OK then....Your boat is looking good


----------



## lowe1648 (May 14, 2014)

What are you getting for HID's? I have been trying to decide what to get for running around cat fishing at night.


----------



## dearl (May 15, 2014)

[url=https://www.tinboats.net/forum/viewtopic.php?p=352325#p352325 said:


> lowe1648 » Yesterday, 20:24[/url]"]What are you getting for HID's? I have been trying to decide what to get for running around cat fishing at night.




I found these on Amazon for $100.00 to the house, they came in today, look big but made real well. I'll probably hook em up over the weekend and test them out. Reviews were good, and I know a guy that has some, he likes them.




I had some 10" light force on my 24/72 Big daddy I just sold, I liked them, but they are like $500.00 but you talk about bright, them dudes would light it up.


----------



## lowe1648 (May 15, 2014)

I was looking at some on ebay that were 35w 7" hid around the same price over the winter. Did you go with spots or floods? Let us know how they work for you when you get out.


----------



## dearl (May 16, 2014)

They are 55w 7" flood beam. I have 1 light on the front already that has the spot beam, I plan to put these on a seperate switch to use with or without the other light.


----------



## dearl (May 19, 2014)

Got the lights installed this weekend, they turned out great. Not an overwhelming bright light but they carry a long distance, its more of a "white" light. They are going to work out great, I'll get some pics up later this evening. waiting on my non-skid to show up so I can finish up and take it fishing.


----------



## JL8Jeff (May 19, 2014)

Did you take the floatation foam out of the rear side areas? My 1652 is set up similar but my console isn't as far forward and I'm getting porpoising with no weight up front. I just put on the transom wedges this weekend but the river was up 8 feet so I did not want to run it with all the debris coming down.


----------



## dearl (May 20, 2014)

I did take the foam out of the rear, a bunch of it, it was soaked, alot of weight was taken out with it. My boat porpoises some if I dont have any gear in the boat, I usually run my bait tank on the front deck, it weighs about 300 lbs when full. It keeps the nose down, but I can still trim it high enough to get the speed up. It plows a bit at take off but doesnt take but a second to get her head up and trimmed out.

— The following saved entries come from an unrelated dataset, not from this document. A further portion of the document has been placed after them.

-- ===== src/Metadata/Sql/Reads.antt =====
-- Reads on a session whose engine may refuse statements.
use tg_files.Common.{
  ◌≤◌, ◌<◌, Bool, true, false, List, [], ◌∷◌, ◌≡◌, refl, arith, inl, inr, ◌⊎◌, length, Result, ok,
  ◌∙◌, err,
}
use tg_files.Metadata.Types.{Db}
use tg_files.Metadata.Sql.{DbError, engine, Session, query, pure, step, continue, ◌>>=◌}

-- The tables stay as they are, and the result is the value, or the engine's error if the schedule of
-- the session has a statement to refuse.
abbrev pub Reads : {A : Type 0} → Session → A → Result DbError A × Session → Type 0
Reads s v out =
    (out.1.db ≡ s.db)
    × (length out.1.faults ≤ length s.faults)
    × ((out.0 ≡ ok v) ⊎ ((out.0 ≡ err engine) × (0 < length s.faults)))

step-Reads :
    {A : Type 0} (read : Db → A) (db : Db) (faults : List Bool)
    → Reads
        (record { db = db; faults = faults })
        (read db)
        (step faults (λ db. (ok (read db), db)) db)
unfolding step
step-Reads read db [] = (refl, omega arith, inl refl)
step-Reads read db (true ∷ faults) = (refl, omega arith, inr (refl, omega arith))
step-Reads read db (false ∷ faults) = (refl, omega arith, inl refl)

pub query-Reads : {A : Type 0} (read : Db → A) (s : Session) → Reads s (read s.db) (query read s)
unfolding query
query-Reads read s = step-Reads read s.db s.faults

-- A read behind a read that went well.
pub Reads-behind :
    {A : Type 0} (s s' : Session) (v : A) (out : Result DbError A × Session)
    → s'.db ≡ s.db
    → length s'.faults ≤ length s.faults
    → Reads s' v out
    → Reads s v out
Reads-behind s s' v out same fewer (same', fewer', inl e) = (same' ∙ same, omega arith, inl e)
Reads-behind s s' v out same fewer (same', fewer', inr (e, h)) =
    (same' ∙ same, omega arith, inr (e, omega arith))

Reads-continue :
    {A B : Type 0} (f : A → B) (s : Session) (v : A) (out : Result DbError A × Session)
    → Reads s v out
    → Reads s (f v) (continue out.0 (λ a. pure (f a)) out.1)
unfolding pure
Reads-continue f s v (ok a, s') (same, fewer, inl e) = (same, fewer, inl (cc))
Reads-continue f s v (ok a, s') (same, fewer, inr (e, h)) = cc
Reads-continue f s v (err a, s') (same, fewer, inl e) = cc
Reads-continue f s v (err a, s') (same, fewer, inr (e, h)) = (same, fewer, inr (cc, h))

-- A query whose value is changed.
pub query-map :
    {A B : Type 0} (read : Db → A) (f : A → B) (s : Session)
    → Reads s (f (read s.db)) ((query read >>= λ a. pure (f a)) s)
unfolding ◌>>=◌
query-map read f s = Reads-continue f s (read s.db) (query read s) (query-Reads read s)
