-- ===== src/Store/Listing/Entry.antt =====
-- store/store.go: the loop of ListObjects over the objects of a page.
use tg_files.Common.{
  ℕ, ◌+◌, Text, Bool, List, [], ◌∷◌, ◌++◌, Option, none, some, if◌then◌else◌, text_eq, length, leb,
}
use tg_files.Golang.Int64.{ℤ}
use tg_files.Golang.Strings.{trim_prefix, cut_before}
use tg_files.Metadata.Types.{Time, Object}
use tg_files.Store.UploadStrategy.{one_of}

pub record ObjectInfo : Type 0 where
  pub bucket : Text
  pub key : Text
  pub size : ℤ
  pub content_type : Text
  pub etag : Text
  pub sha256 : Text
  pub last_modified : Time

pub record ListObjectsInput : Type 0 where
  pub bucket : Text
  pub prefix : Text
  pub delimiter : Text
  pub after_key : Text
  pub limit : ℤ

pub record ListObjectsResult : Type 0 where
  pub objects : List ObjectInfo
  pub common_prefixes : List Text
  pub next_continuation_after : Text
  pub is_truncated : Bool

-- The variables of the loop; the set of the prefixes seen is a list.
pub record Listing : Type 0 where
  pub objects : List ObjectInfo
  pub common_prefixes : List Text
  pub seen_prefixes : List Text
  pub next_continuation_after : Text
  pub after_key : Text

-- objectInfoFromMetadata
unfoldable pub object_info : Object → ObjectInfo
object_info o = record {
  bucket = o.bucket;
  key = o.key;
  size = o.size;
  content_type = o.content_type;
  etag = o.etag;
  sha256 = o.sha256;
  last_modified = o.last_modified;
}

abbrev pub emitted : Listing → ℕ
emitted st = length st.objects + length st.common_prefixes

-- The prefix that a key is grouped under, if the delimiter stands behind input.Prefix.
unfoldable pub group_of : ListObjectsInput → Text → Option Text
unfolding trim_prefix cut_before
group_of input key = elim (cut_before (trim_prefix key input.prefix) input.delimiter) [
  | none ↦ none
  | some head ↦ some (input.prefix ++ head ++ input.delimiter)
]

-- The same in ListObjects, where an empty delimiter groups nothing.
unfoldable pub common_prefix : ListObjectsInput → Text → Option Text
unfolding text_eq group_of
common_prefix input key = if text_eq input.delimiter [] then none else group_of input key

-- How the round for one object ends: the next object, `pageFull`, or a prefix that is the last entry.
pub data Pass : Type 0 where
  go_on : Listing → Pass
  page_full : Listing → Pass
  filled : Listing → Text → Pass

abbrev pub move_to : Text → Listing → Listing
move_to key st = record st { next_continuation_after = key; after_key = key }

abbrev pub add_object : Object → Listing → Listing
add_object object st =
    move_to object.key (record st { objects = st.objects ++ object_info object ∷ [] })

abbrev pub add_prefix : Text → Text → Listing → Listing
add_prefix prefix key st = move_to key (record st {
  common_prefixes = st.common_prefixes ++ prefix ∷ [];
  seen_prefixes = prefix ∷ st.seen_prefixes;
})

-- The body of the loop over a page, for an object of the group.
unfoldable pub visit_group : ℕ → Object → Option Text → Listing → Pass
unfolding one_of object_info
visit_group limit object none st =
    if leb limit (emitted st)
    then page_full st
    else if leb limit (emitted (add_object object st))
    then page_full (add_object object st)
    else go_on (add_object object st)
visit_group limit object (some prefix) st =
    if one_of prefix st.seen_prefixes
    then go_on (move_to object.key st)
    else if leb limit (emitted st)
    then page_full st
    else if leb limit (emitted (add_prefix prefix object.key st))
    then filled (add_prefix prefix object.key st) prefix
    else go_on (add_prefix prefix object.key st)

unfoldable pub visit : ℕ → ListObjectsInput → Object → Listing → Pass
unfolding visit_group common_prefix
visit limit input object st = visit_group limit object (common_prefix input object.key) st

-- A round that goes on, and what follows it.
unfoldable pub and_then : Pass → (Listing → Pass) → Pass
and_then (go_on st) f = f st
and_then (page_full st) f = page_full st
and_then (filled st prefix) f = filled st prefix

-- `for _, object := range objects`
unfoldable pub walk : ℕ → ListObjectsInput → List Object → Listing → Pass
unfolding visit and_then
walk limit input [] st = go_on st
walk limit input (object ∷ objects) st =
    and_then (visit limit input object st) (walk limit input objects)
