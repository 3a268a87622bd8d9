-- ===== src/Collector/Push.antt =====
-- internal/usecase/workflows/runtime_stream.go: what an event, a timer, and the end of the step do.
use Prim.Native.String
use onecatch.Base.{ℕ, String, true, false, ◌&&◌, Option, none, some, List, ◌==◌, if◌then◌else◌, ltb}
use onecatch.Base.Dict
use onecatch.Desktop.RunStream.{atomic, start, delta, snapshot, end}
use onecatch.Collector.{
  ContextUsage, Event, Stream, Collector, kind_usage, kind_context_compaction,
  context_was_compacted, compaction_text, set_stream, start_stream, ensure_stream, end_stream, both,
  each, stream_ids, flush_live, flush_durable, flush_all,
}

module _ {R : Type 0} (persist : List (Event R) → Event R → Option ℕ) (blank : R) where
  -- `scheduleLocked`
  abbrev pub schedule : Collector R → Collector R
  schedule c = record c { live_timer = true; durable_timer = true }

  abbrev pub compaction_event : Event R → ℕ → ContextUsage → Event R
  compaction_event e before usage = record {
    kind = kind_context_compaction;
    stream_id = "";
    phase = atomic;
    revision = 0;
    text = compaction_text before usage.tokens usage.window;
    raw = "";
    failed = false;
    context = none;
    at = e.at;
    rest = blank;
  }

  -- A usage event tells how full the context is.
  unfoldable pub note_usage : Event R → ContextUsage → Collector R → Collector R
  note_usage e usage c =
      let noted =
        if context_was_compacted c.context_tokens usage.tokens
        then both persist blank (compaction_event e c.context_tokens usage)
            (flush_all persist blank c)
        else c in
      record noted { context_tokens = usage.tokens }

  abbrev pub noted_usage : Event R → Collector R → Collector R
  noted_usage e c = elim e.context [
    | none ↦ c
    | some usage ↦ if (e.kind == kind_usage) && ltb 0 usage.tokens then note_usage e usage c else c
  ]

  unfoldable pub note_context : Event R → Collector R → Collector R
  note_context e c =
      noted_usage e
        (if e.kind == kind_context_compaction then record c { context_tokens = 0 } else c)

  abbrev pub held : Event R → Stream → Stream
  held e s = record s {
    live_pending = String.◌++◌ s.live_pending e.text;
    disk_pending = String.◌++◌ s.disk_pending e.text;
    last_at = e.at;
    last_raw = e.raw;
    failed = e.failed;
  }

  -- `case StreamDelta`: none is the panic at a stream that is nil.
  unfoldable pub push_delta : Event R → Collector R → Option (Collector R)
  push_delta e c =
      let known = ensure_stream persist blank e c in
      elim (Dict.lookup e.stream_id known.streams) [
        | none ↦ none
        | some s ↦ some (schedule (set_stream persist blank e.stream_id (held e s) known))
      ]

  abbrev pub by_phase : Event R → Collector R → Option (Collector R)
  by_phase e c = elim e.phase [
    | delta ↦ push_delta e c
    | start ↦ some (start_stream persist blank e (flush_all persist blank c))
    | snapshot ↦ some (end_stream persist blank e (flush_all persist blank c))
    | end ↦ some (end_stream persist blank e (flush_all persist blank c))
    | atomic ↦ some (both persist blank e (flush_all persist blank c))
  ]

  unfoldable pub push : Event R → Collector R → Option (Collector R)
  push e c = if c.closed then some c else by_phase e (note_context e c)

  unfoldable pub live_fires : Collector R → Collector R
  live_fires c =
      let late = record c { live_timer = false } in
      if c.closed then late else flush_live persist blank late

  unfoldable pub durable_fires : Collector R → Collector R
  durable_fires c =
      let late = record c { durable_timer = false } in
      if c.closed then late else flush_durable persist blank (flush_live persist blank late)

  abbrev pub last_event : String → Stream → Event R
  last_event id s = record {
    kind = s.kind;
    stream_id = id;
    phase = end;
    revision = 0;
    text = s.full;
    raw = s.last_raw;
    failed = s.failed;
    context = none;
    at = s.last_at;
    rest = blank;
  }

  unfoldable pub close_one : String → Collector R → Collector R
  close_one id c = elim (Dict.lookup id c.streams) [
    | none ↦ c
    | some s ↦ if s.ended then c else end_stream persist blank (last_event id s) c
  ]

  unfoldable pub close : Collector R → Collector R
  close c =
      if c.closed
      then c
      else let flushed = flush_all persist blank c in
        record (each persist blank (close_one) (stream_ids persist blank flushed) flushed) {
          closed = true;
        }
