-- ===== src/Collector/Logs.antt =====
-- What the window and the storage are told of each stream agree.
use Prim.Native.String
use onecatch.Base.{
  ℕ, suc, String, true, false, Option, none, some, List, [], ◌∷◌, ◌==◌, ◌||◌, if◌then◌else◌, ◌≡◌,
  ◌≢◌, ◌⊎◌, inl, inr, Bool-cases, Option-cases, refl, ap, arith, map,
}
use text.Mathlib.TextLemmas.{append-nil}
use onecatch.Base.Dict
use onecatch.Desktop.RunStream.{atomic, start, delta, snapshot, end}
use onecatch.Collector.{
  Event, Stream, Collector, blank_stream, persist_event, publish_event, set_stream, start_stream,
  ensure_stream, both, is_open, piece, flush_live_one, flush_durable_one,
}

-- The text that a reader of a log, the last event first, has for a stream.
abbrev pub replay : {R : Type 0} → String → List (Event R) → String
replay id [] = ""
replay id (e ∷ earlier) =
    let text = replay id earlier in
    if e.stream_id == id
    then elim e.phase [
      | start ↦ ""
      | delta ↦ String.◌++◌ text e.text
      | snapshot ↦ e.text
      | end ↦ e.text
      | atomic ↦ text
    ]
    else text

abbrev pub events : {R : Type 0} → List (ℕ × Event R) → List (Event R)
events = map (λ (seq, e). e)

module _ {R : Type 0} (persist : List (Event R) → Event R → Option ℕ) (blank : R) where
  -- What the logs say of one stream, given what the collector holds of it.
  abbrev pub Agrees : String → String → Option Stream → Type 0
  Agrees shown stored none = (shown ≡ "") × (stored ≡ "")
  Agrees shown stored (some s) =
      (shown ≡ s.full)
      × (s.ended ≡ true → stored ≡ s.full)
      × (s.ended ≡ false → String.◌++◌ stored s.disk_pending ≡ String.◌++◌ s.full s.live_pending)

  abbrev pub Agree : Collector R → Type 0
  Agree c =
      (id : String)
      → id ≢ ""
      → Agrees (replay id (events c.published)) (replay id c.persisted) (Dict.lookup id c.streams)

  -- Unless the storage had an error, the logs agree with each named stream.
  abbrev pub Consistent : Collector R → Type 0
  Consistent c = (c.error ≡ true) ⊎ (c.error ≡ false) × (c.publisher ≡ true) × Agree c

  persist_event-cases :
      (e : Event R) (c : Collector R)
      → ((persist_event persist blank e c).0.error ≡ true)
        ⊎ (c.error ≡ false)
          × ((persist_event persist blank e c).0 ≡ record c { persisted = e ∷ c.persisted })
  unfolding persist_event
  persist_event-cases e c = elim (Bool-cases c.error) [
    | inl h ↦ inl (rw h refl)
    | inr h ↦ elim (Option-cases (persist c.persisted e)) [
      | inl f ↦ inl (rw (h, f) refl)
      | inr (seq, f) ↦ inr (h, ground (arith, h, f))
    ]
  ]

  -- An event of a stream is persisted and published, and the stream changes with it.
  pub emit-Consistent :
      (e : Event R) (number : ℕ) (s : Stream) (c : Collector R)
      → (Agree c
          → Agrees
              (replay e.stream_id (e ∷ events c.published))
              (replay e.stream_id (e ∷ c.persisted))
              (some s))
      → Consistent c
      → Consistent (
          publish_event persist blank number e
            (set_stream persist blank e.stream_id s (persist_event persist blank e c).0))
  unfolding publish_event
  emit-Consistent e number s c told k = elim (persist_event-cases e c) [
    | inl bad ↦ inl (ground (arith, bad))
    | inr (ok, same) ↦ elim k [
      | inl bad ↦ absurd (cc (ok, bad))
      | inr (_, has, agree) ↦ rw same (
          inr (
            ground arith,
            ground arith,
            λ id named.
                ground (
                  arith,
                  agree id named,
                  told agree,
                  Dict.lookup-insert e.stream_id id s c.streams,
                ),
          ))
    ]
  ]

  -- An event that belongs to no stream, or adds nothing to one.
  pub both-Consistent :
      (e : Event R) (c : Collector R)
      → (e.stream_id ≡ "") ⊎ (e.phase ≡ atomic)
      → Consistent c
      → Consistent (both persist blank e c)
  unfolding publish_event
  both-Consistent e c outside k = elim (persist_event-cases e c) [
    | inl bad ↦ inl (ground (arith, bad))
    | inr (ok, same) ↦ elim k [
      | inl bad ↦ absurd (cc (ok, bad))
      | inr (_, has, agree) ↦
          rw same
            (inr (ground arith, ground arith, λ id named. ground (arith, agree id named, outside)))
    ]
  ]

  replay-start :
      (e : Event R) (log : List (Event R)) → e.phase ≡ start → replay e.stream_id (e ∷ log) ≡ ""
  replay-start e log p = ground (arith, p)

  pub start_stream-Consistent :
      (e : Event R) (c : Collector R)
      → e.phase ≡ start
      → Consistent c
      → Consistent (start_stream persist blank e c)
  unfolding start_stream
  start_stream-Consistent e c p k =
      elim (Bool-cases
        ((e.stream_id == "") || is_open persist blank (Dict.lookup e.stream_id c.streams))) [
          | inl same ↦ ground (arith, same)
          | inr new ↦
              let event = record e { revision = 0 } in
              let told =
                emit-Consistent event (persist_event persist blank event c).1
                  (record blank_stream {
                    kind = e.kind;
                    seq = (persist_event persist blank event c).1;
                    last_at = e.at;
                    last_raw = e.raw;
                    failed = e.failed;
                  })
                  c
                  (λ agree.
                    let empty : (log : List (Event R)) → replay event.stream_id (event ∷ log) ≡ "" =
                      λ log. replay-start event log p in
                    (
                      empty (events c.published),
                      λ _. empty c.persisted,
                      λ _. ap (λ text. String.◌++◌ text "") (empty c.persisted),
                    ))
                  k in
              ground (arith, new)
        ]

  pub ensure_stream-Consistent :
      (e : Event R) (c : Collector R) → Consistent c → Consistent (ensure_stream persist blank e c)
  unfolding ensure_stream
  ensure_stream-Consistent e c k = elim (Option-cases (Dict.lookup e.stream_id c.streams)) [
    | inl f ↦
        rw (f, ensure_stream)
          (start_stream-Consistent (record e { phase = start; text = ""; revision = 0 }) c refl k)
    | inr (s, f) ↦ rw (f, ensure_stream) k
  ]

  -- The window gets the text that was held back for it.
  sent : Stream → Stream
  sent s = record s {
    revision = suc s.revision;
    live_pending = "";
    full = String.◌++◌ s.full s.live_pending;
  }

  pub flush_live_one-Consistent :
      (id : String) (c : Collector R)
      → Consistent c
      → Consistent (flush_live_one persist blank id c)
  unfolding flush_live_one publish_event sent
  flush_live_one-Consistent id c k = elim (Option-cases (Dict.lookup id c.streams)) [
    | inl f ↦ rw (f, flush_live_one) k
    | inr (s, f) ↦ elim (Bool-cases (s.ended || (s.live_pending == ""))) [
      | inl t ↦ rw (f, flush_live_one, t) k
      | inr t ↦
          rw (f, flush_live_one, t)
            (elim k [
              | inl bad ↦ inl (ground (arith, bad))
              | inr (ok, has, agree) ↦ inr (
                ground (arith, ok),
                ground (arith, has),
                λ other o. ground (
                  arith,
                  agree other o,
                  f,
                  has,
                  t,
                  Dict.lookup-insert id other (sent s) c.streams,
                  append-nil (String.◌++◌ s.full s.live_pending),
                ),
              )
            ])
    ]
  ]

  -- The storage gets the text that was held back for it.
  pub flush_durable_one-Consistent :
      (id : String) (c : Collector R)
      → Consistent c
      → Consistent (flush_durable_one persist blank id c)
  unfolding flush_durable_one
  flush_durable_one-Consistent id c k = elim (Option-cases (Dict.lookup id c.streams)) [
    | inl f ↦ rw (f, flush_durable_one) k
    | inr (s, f) ↦ elim (Bool-cases (s.ended || (s.disk_pending == ""))) [
      | inl t ↦ rw (f, flush_durable_one, t) k
      | inr t ↦
          rw (f, flush_durable_one, t)
            (let stored = record s { disk_pending = "" } in
              elim (persist_event-cases (piece persist blank id s s.revision s.disk_pending)
                (set_stream persist blank id stored c)) [
                  | inl bad ↦ inl bad
                  | inr (ok, same) ↦ elim k [
                    | inl bad ↦ absurd (cc (ok, bad))
                    | inr (_, has, agree) ↦ rw same (
                        inr (
                          ok,
                          has,
                          λ other o. ground (
                            arith,
                            agree other o,
                            f,
                            t,
                            Dict.lookup-insert id other stored c.streams,
                            append-nil (String.◌++◌ (replay id c.persisted) s.disk_pending),
                          ),
                        ))
                  ]
                ])
    ]
  ]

Shot of the lights I installed Sunday...


----------



## JL8Jeff (May 20, 2014)

I'm wondering if the foam in my boat is water logged as well. It seems to lean a little to one side and the load is balanced so it makes me suspect the foam.


----------



## dearl (May 20, 2014)

it is probably wet, these boats never drained real well, at least mine didnt. The lower 4" of the foam was soaked, and all of it together weighed at least 100 lbs total.


----------



## dhoganjr (May 20, 2014)

Looking good!!! 

I used to have round lights mounted on the front of the boat like that, the fishing club I fished swore it was a Jeep coming across the lake at night. :-D


----------



## dearl (Jan 28, 2015)

Well I finished the rear end of the boat in April, fished out of it all season, then after deer season went out, I jumped on the front end. Lots of wasted space up there, wanted to incorporate a onboard livewell plus a forward battery compartment. Below are some pics of what I finished with on the rear end.


----------



## dearl (Jan 28, 2015)

Started ripping the front end apart this past weekend. Took everything out, installed new stringers and cross members, fabbed up the new livewell. Installed the new bulkhead, fabbed up the livewell, by the math it is 38 gallons. Just finished the battery compartment. Both boxes will be going in tonight, I have the new floor plate cut, needs to be trimmed than I can get the hatch covers on. Oh i still got plumbing and wiring to do. Im hoping to splash down before the end of February.


----------



## dearl (Jan 28, 2015)

Going back together.....


----------



## dearl (Jan 28, 2015)

Livewell fabbed up....


----------



## Jeeper (Jan 28, 2015)

Looking good.. did you do your own welding? If so was it with a mig or tig? I've got a little fabbing of my own to do and gonna try to do it with stick?? Never done it before but should work. Keep up the good work


----------



## dearl (Jan 29, 2015)

Jeeper said:


> Looking good.. did you do your own welding? If so was it with a mig or tig? I've got a little fabbing of my own to do and gonna try to do it with stick?? Never done it before but should work. Keep up the good work



Yep I do my own welding, Its Mig welded. I should have tig'd it but would have taken a while. Never used a stick on aluminum, heard of them but never tried them.


----------



## dearl (Jan 29, 2015)

Got both boxes mounted last night, dry fit everything to make sure it was right. Planning to install some down supports for the 2 boxes and get the deck plate bent and fitted this weekend.


----------



## dearl (Feb 1, 2015)

Got some work done this past friday and saturday. Floors cut and broke, all hatch opening cut, access door for the wiring and rigging is in. Few more goodies to install then its ready for paint and wiring.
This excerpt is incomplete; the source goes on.